> _Task prompt_
Give the number of lines below with "console" in them, leaving out anything else.

**** Given entries ****

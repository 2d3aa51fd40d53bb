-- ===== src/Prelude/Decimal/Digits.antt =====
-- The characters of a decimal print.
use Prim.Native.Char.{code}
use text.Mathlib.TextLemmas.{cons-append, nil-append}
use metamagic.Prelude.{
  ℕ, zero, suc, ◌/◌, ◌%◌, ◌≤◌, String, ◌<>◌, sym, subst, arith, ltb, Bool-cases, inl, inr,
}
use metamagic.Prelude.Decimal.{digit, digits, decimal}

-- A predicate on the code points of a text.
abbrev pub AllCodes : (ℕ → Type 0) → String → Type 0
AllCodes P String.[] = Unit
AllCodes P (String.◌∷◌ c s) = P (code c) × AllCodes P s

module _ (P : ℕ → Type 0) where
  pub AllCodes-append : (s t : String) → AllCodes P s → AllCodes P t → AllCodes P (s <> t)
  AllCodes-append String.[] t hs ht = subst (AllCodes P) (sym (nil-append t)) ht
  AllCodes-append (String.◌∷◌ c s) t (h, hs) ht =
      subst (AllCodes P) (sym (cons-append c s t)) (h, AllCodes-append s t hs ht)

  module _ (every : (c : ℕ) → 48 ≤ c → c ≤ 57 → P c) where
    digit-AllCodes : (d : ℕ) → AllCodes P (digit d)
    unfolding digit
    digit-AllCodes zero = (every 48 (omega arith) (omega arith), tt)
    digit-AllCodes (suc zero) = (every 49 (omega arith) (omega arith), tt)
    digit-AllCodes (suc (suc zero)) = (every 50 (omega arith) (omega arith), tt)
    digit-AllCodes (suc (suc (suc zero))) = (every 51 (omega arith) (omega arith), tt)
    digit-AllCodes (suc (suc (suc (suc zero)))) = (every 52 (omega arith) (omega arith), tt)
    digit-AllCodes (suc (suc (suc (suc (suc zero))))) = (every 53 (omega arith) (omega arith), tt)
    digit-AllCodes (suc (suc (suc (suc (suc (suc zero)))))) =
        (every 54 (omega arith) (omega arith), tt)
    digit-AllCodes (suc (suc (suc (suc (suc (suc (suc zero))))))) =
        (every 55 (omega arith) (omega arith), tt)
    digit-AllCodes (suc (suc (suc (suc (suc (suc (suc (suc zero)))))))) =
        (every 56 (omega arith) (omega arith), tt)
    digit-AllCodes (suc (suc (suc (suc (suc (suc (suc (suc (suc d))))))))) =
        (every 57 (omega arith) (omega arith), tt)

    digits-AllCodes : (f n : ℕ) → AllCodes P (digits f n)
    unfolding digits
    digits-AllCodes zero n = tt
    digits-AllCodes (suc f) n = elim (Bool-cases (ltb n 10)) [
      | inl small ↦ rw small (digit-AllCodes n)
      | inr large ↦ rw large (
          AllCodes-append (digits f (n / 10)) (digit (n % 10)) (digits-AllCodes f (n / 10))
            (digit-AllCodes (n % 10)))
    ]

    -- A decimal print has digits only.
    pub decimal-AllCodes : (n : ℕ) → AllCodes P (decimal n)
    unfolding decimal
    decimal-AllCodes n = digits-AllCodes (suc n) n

****
**** Given entries ****

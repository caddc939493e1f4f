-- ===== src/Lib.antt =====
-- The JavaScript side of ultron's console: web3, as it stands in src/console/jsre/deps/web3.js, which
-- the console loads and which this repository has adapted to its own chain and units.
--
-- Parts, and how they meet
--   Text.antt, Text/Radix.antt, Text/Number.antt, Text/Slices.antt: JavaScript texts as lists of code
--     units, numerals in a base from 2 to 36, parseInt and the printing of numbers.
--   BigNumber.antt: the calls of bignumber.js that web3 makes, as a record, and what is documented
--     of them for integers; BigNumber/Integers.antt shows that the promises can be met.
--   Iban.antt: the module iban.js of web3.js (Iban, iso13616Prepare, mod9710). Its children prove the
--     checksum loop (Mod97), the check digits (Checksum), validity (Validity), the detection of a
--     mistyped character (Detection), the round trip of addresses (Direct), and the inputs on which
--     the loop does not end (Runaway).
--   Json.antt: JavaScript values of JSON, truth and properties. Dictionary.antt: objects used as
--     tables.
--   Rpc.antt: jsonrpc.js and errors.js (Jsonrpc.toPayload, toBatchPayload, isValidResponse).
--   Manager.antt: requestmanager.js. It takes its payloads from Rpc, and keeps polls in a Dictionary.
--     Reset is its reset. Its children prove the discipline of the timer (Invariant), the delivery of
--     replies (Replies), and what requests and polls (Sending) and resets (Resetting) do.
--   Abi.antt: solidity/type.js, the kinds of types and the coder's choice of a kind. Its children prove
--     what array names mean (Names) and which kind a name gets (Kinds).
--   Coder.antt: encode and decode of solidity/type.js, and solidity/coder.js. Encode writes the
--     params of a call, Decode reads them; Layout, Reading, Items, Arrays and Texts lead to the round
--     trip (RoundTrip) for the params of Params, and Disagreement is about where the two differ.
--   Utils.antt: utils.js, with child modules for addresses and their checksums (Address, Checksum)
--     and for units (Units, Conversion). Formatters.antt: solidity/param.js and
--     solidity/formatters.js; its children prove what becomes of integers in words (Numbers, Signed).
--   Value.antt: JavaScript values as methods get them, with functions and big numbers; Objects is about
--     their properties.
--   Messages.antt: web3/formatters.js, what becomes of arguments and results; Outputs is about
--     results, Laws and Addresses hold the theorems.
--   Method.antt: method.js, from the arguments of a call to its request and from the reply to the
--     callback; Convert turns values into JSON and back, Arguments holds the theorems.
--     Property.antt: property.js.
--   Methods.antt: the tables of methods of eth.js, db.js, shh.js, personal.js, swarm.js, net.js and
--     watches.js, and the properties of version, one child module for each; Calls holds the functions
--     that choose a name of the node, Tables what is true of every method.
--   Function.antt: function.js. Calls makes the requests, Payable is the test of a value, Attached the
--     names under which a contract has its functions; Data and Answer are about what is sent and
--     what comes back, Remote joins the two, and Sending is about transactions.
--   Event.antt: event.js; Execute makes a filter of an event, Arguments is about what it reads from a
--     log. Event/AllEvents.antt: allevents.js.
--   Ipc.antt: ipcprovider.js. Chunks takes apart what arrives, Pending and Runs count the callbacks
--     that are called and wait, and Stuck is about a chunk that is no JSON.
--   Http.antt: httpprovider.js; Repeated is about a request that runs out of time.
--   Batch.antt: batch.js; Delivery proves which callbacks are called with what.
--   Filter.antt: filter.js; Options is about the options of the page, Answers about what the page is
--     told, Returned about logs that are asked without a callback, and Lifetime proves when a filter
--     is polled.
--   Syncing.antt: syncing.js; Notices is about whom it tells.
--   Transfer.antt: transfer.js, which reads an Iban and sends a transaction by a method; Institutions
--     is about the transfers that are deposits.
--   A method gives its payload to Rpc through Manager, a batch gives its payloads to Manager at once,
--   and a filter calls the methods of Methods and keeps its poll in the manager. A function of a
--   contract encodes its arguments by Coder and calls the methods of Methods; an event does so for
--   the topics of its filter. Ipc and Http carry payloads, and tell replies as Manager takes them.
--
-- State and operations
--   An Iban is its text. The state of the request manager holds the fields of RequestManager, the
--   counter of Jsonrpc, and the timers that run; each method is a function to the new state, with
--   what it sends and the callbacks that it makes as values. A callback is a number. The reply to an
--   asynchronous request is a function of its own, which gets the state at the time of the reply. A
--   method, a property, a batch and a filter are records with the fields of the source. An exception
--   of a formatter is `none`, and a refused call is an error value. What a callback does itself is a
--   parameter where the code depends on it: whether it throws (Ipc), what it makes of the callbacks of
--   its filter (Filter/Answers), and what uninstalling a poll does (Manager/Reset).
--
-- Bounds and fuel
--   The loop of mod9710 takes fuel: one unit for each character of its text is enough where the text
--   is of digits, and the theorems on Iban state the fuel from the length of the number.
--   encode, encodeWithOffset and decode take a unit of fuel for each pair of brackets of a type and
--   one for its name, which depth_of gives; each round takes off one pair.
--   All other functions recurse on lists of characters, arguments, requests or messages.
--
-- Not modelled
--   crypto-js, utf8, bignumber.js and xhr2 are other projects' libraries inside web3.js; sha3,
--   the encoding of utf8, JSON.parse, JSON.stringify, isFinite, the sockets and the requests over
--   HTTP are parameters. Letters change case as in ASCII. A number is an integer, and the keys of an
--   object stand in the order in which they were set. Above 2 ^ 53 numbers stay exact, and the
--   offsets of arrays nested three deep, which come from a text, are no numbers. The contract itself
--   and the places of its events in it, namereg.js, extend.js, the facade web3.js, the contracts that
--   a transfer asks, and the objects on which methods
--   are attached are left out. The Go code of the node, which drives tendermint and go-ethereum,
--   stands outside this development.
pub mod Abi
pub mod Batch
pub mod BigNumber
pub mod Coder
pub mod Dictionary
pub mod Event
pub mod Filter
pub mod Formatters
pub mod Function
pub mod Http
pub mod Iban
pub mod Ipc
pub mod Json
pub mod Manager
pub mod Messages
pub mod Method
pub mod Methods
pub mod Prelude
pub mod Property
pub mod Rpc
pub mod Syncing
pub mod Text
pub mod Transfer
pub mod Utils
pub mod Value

****

> _Result_
2